[Start of Attachment]

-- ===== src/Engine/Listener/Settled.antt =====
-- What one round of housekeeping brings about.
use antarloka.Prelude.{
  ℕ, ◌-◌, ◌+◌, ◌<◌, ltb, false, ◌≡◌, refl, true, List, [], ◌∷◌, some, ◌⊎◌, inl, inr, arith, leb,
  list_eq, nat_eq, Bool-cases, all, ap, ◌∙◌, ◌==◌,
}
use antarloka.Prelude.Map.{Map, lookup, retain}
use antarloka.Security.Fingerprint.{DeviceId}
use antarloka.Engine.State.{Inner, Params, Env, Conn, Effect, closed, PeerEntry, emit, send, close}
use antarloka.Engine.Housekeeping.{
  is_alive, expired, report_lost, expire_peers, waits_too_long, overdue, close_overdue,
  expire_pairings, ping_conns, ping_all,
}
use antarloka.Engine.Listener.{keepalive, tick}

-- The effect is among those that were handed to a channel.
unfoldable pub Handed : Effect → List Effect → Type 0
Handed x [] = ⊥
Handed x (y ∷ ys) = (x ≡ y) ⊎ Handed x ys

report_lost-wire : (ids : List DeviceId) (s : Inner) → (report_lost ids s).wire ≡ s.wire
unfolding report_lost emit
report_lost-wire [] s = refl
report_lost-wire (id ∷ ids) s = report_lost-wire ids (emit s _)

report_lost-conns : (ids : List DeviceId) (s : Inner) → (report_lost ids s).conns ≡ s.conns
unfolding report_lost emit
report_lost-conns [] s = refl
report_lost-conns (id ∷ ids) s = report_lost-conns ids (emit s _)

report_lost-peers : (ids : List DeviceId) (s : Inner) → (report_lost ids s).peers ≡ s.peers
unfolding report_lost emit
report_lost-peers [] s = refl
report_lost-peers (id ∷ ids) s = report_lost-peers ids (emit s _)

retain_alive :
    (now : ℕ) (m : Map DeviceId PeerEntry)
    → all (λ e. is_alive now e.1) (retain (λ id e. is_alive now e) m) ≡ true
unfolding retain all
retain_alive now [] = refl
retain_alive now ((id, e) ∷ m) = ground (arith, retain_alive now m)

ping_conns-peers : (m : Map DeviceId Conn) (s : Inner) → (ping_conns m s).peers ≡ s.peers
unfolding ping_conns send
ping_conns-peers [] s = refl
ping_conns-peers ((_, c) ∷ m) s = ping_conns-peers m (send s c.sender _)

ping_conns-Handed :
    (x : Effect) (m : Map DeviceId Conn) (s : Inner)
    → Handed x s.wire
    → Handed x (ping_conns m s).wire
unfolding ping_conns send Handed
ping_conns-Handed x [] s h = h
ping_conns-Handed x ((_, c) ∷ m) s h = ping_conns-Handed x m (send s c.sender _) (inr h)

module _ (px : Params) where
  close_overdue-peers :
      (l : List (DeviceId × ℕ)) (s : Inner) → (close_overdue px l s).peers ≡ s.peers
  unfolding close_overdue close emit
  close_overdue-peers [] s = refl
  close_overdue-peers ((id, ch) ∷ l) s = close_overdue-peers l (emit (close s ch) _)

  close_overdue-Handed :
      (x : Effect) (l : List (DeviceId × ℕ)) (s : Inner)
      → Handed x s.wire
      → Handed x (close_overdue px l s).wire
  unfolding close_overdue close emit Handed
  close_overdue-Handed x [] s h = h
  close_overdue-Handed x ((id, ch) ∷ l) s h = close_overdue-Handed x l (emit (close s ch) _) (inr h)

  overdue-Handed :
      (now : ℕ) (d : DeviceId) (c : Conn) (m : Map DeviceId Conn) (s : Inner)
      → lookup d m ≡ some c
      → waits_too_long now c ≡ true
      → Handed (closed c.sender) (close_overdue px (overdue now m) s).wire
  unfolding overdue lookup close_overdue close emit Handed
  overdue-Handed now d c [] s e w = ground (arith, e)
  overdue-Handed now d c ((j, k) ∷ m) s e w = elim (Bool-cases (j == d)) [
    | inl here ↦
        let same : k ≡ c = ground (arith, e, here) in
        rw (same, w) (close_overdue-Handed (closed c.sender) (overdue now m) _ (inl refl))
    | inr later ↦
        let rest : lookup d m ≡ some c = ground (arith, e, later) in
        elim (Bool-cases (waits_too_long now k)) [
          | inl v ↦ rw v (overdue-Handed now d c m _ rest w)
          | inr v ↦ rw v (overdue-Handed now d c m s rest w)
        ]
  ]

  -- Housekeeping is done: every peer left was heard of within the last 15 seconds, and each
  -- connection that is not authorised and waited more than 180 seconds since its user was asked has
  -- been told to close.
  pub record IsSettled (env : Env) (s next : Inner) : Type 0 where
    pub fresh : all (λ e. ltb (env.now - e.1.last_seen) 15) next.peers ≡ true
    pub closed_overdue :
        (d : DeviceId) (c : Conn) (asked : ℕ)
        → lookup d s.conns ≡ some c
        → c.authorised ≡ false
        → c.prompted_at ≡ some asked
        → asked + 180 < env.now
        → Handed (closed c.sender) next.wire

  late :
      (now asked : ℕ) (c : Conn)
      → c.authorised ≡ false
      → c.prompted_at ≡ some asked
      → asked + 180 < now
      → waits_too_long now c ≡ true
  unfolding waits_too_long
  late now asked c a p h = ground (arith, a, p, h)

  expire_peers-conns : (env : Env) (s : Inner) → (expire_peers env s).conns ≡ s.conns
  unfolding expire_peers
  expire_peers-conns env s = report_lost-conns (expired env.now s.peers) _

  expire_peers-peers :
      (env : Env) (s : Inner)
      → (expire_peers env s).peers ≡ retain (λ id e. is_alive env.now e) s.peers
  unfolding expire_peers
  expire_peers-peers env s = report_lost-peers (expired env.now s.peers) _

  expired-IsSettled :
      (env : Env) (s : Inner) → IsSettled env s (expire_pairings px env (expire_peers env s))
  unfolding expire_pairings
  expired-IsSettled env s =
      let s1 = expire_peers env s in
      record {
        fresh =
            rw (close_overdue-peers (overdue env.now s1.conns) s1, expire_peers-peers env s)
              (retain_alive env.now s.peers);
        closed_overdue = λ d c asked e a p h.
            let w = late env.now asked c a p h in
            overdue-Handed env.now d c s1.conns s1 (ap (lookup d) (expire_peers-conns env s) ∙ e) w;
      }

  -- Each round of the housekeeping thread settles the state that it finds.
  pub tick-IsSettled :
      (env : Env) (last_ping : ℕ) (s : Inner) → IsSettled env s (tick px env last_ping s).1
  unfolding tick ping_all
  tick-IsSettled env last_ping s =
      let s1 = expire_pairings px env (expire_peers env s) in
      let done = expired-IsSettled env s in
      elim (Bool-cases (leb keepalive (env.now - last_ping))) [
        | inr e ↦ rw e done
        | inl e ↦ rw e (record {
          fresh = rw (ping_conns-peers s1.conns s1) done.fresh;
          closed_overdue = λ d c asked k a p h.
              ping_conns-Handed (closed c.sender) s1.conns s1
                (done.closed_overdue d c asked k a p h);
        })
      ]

[End of Attachment]

▶ [WORK INSTRUCTION] Taking the listing as a whole, count how many of its lines contain the word "ground", and reply with that count alone.

▶ [ANSWER BOX] 5